DATA SUPPLIED:
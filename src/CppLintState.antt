-- ===== src/CppLintState.antt =====
-- `_CppLintState` of lab5/cpplint.py: the filters, the verbosity and the counts of errors.
pub mod Filters
pub mod Counts
mod Examples
use cs.Base.{
  ℕ, suc, ◌+◌, Bool, true, false, not, ◌||◌, Option, none, some, List, [], ◌∷◌, ◌++◌, map, Text,
  codes, contains, text_eq, ◌==◌, starts_with, split, strip, show, update, if◌then◌else◌,
}
use cs.Constants.{default_filters}

pub record CppLintState : Type 0 where
  pub verbose_level : ℕ
  pub error_count : ℕ
  pub filters : List Text
  pub filters_backup : List Text
  pub counting : Text
  pub errors_by_category : List (Text × ℕ)
  pub quiet : Bool
  pub output_format : Text

-- `__init__`
unfoldable pub initial : CppLintState
initial = record {
  verbose_level = 1;
  error_count = 0;
  filters = default_filters;
  filters_backup = default_filters;
  counting = codes "total";
  errors_by_category = [];
  quiet = false;
  output_format = codes "emacs";
}

unfoldable pub set_output_format : Text → CppLintState → CppLintState
set_output_format output_format s = record s { output_format = output_format }

-- `SetQuiet` and `SetVerboseLevel` return the setting that was replaced.
unfoldable pub set_quiet : Bool → CppLintState → Bool × CppLintState
set_quiet quiet s = (s.quiet, record s { quiet = quiet })

unfoldable pub set_verbose_level : ℕ → CppLintState → ℕ × CppLintState
set_verbose_level level s = (s.verbose_level, record s { verbose_level = level })

unfoldable pub set_counting_style : Text → CppLintState → CppLintState
set_counting_style counting_style s = record s { counting = counting_style }

-- The filters of a comma-separated list, without white space around them and without the empty
-- ones.
unfoldable pub clean_filters : List Text → List Text
clean_filters [] = []
clean_filters (filt ∷ rest) =
    let others = clean_filters rest in if strip filt == [] then others else strip filt ∷ others

abbrev pub is_signed : Text → Bool
is_signed filt = starts_with filt (codes "+") || starts_with filt (codes "-")

unfoldable pub first_unsigned : List Text → Option Text
first_unsigned [] = none
first_unsigned (filt ∷ rest) = elim (is_signed filt) [
  | true ↦ first_unsigned rest
  | false ↦ some filt
]

abbrev pub bad_filter : Text → Text
bad_filter filt =
    codes "Every filter in --filters must start with + or - (" ++ (filt ++ codes " does not)")

-- The ValueError for the first filter without a sign, if there is one.
abbrev pub value_error : Option Text → Option Text
value_error none = none
value_error (some filt) = some (bad_filter filt)

-- `AddFilters`: the message of the ValueError, if it is raised, and the state, to which the
-- filters have been added in either case.
unfoldable pub add_filters : Text → CppLintState → Option Text × CppLintState
add_filters filters s =
    let added = s.filters ++ clean_filters (split b',' filters) in
    (value_error (first_unsigned added), record s { filters = added })

-- `SetFilters`
unfoldable pub set_filters : Text → CppLintState → Option Text × CppLintState
unfolding add_filters
set_filters filters s = add_filters filters (record s { filters = default_filters })

unfoldable pub backup_filters : CppLintState → CppLintState
backup_filters s = record s { filters_backup = s.filters }

unfoldable pub restore_filters : CppLintState → CppLintState
restore_filters s = record s { filters = s.filters_backup }

unfoldable pub reset_error_counts : CppLintState → CppLintState
reset_error_counts s = record s { error_count = 0; errors_by_category = [] }

abbrev head_or_nil : List Text → Text
head_or_nil [] = []
head_or_nil (t ∷ ts) = t

-- `category.split('/')[0]`
unfoldable pub top_level : Text → Text
top_level category = head_or_nil (split b'/' category)

abbrev pub is_counting : Text → Bool
is_counting counting = contains (codes "toplevel" ∷ codes "detailed" ∷ []) counting

-- The key under which an error is counted.
abbrev pub count_key : Text → Text → Text
count_key counting category =
    if not (counting == codes "detailed") then top_level category else category

-- `IncrementErrorCount`
unfoldable pub increment_error_count : Text → CppLintState → CppLintState
increment_error_count category s = record s {
  error_count = s.error_count + 1;
  errors_by_category =
      if is_counting s.counting
      then update 0 (count_key s.counting category) suc s.errors_by_category
      else s.errors_by_category;
}

-- `PrintErrorCounts`: the lines for the standard error output, and the one for the standard
-- output.
unfoldable pub print_error_counts : CppLintState → List Text × Text
print_error_counts s = (
  map
      (λ (category, count).
        codes "Category '"
        ++ (category ++ (codes "' errors found: " ++ (show count ++ codes "\n"))))
      s.errors_by_category,
  codes "Total errors found: " ++ (show s.error_count ++ codes "\n"),
)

TASK STATEMENT: Using the data above, reproduce exactly the lines between those holding "unfoldable pub first_unsigned" and "unfoldable pub increment_error_count", inclusive, and no others.

THE ANSWER:
unfoldable pub first_unsigned : List Text → Option Text
first_unsigned [] = none
first_unsigned (filt ∷ rest) = elim (is_signed filt) [
  | true ↦ first_unsigned rest
  | false ↦ some filt
]

abbrev pub bad_filter : Text → Text
bad_filter filt =
    codes "Every filter in --filters must start with + or - (" ++ (filt ++ codes " does not)")

-- The ValueError for the first filter without a sign, if there is one.
abbrev pub value_error : Option Text → Option Text
value_error none = none
value_error (some filt) = some (bad_filter filt)

-- `AddFilters`: the message of the ValueError, if it is raised, and the state, to which the
-- filters have been added in either case.
unfoldable pub add_filters : Text → CppLintState → Option Text × CppLintState
add_filters filters s =
    let added = s.filters ++ clean_filters (split b',' filters) in
    (value_error (first_unsigned added), record s { filters = added })

-- `SetFilters`
unfoldable pub set_filters : Text → CppLintState → Option Text × CppLintState
unfolding add_filters
set_filters filters s = add_filters filters (record s { filters = default_filters })

unfoldable pub backup_filters : CppLintState → CppLintState
backup_filters s = record s { filters_backup = s.filters }

unfoldable pub restore_filters : CppLintState → CppLintState
restore_filters s = record s { filters = s.filters_backup }

unfoldable pub reset_error_counts : CppLintState → CppLintState
reset_error_counts s = record s { error_count = 0; errors_by_category = [] }

abbrev head_or_nil : List Text → Text
head_or_nil [] = []
head_or_nil (t ∷ ts) = t

-- `category.split('/')[0]`
unfoldable pub top_level : Text → Text
top_level category = head_or_nil (split b'/' category)

abbrev pub is_counting : Text → Bool
is_counting counting = contains (codes "toplevel" ∷ codes "detailed" ∷ []) counting

-- The key under which an error is counted.
abbrev pub count_key : Text → Text → Text
count_key counting category =
    if not (counting == codes "detailed") then top_level category else category

-- `IncrementErrorCount`
unfoldable pub increment_error_count : Text → CppLintState → CppLintState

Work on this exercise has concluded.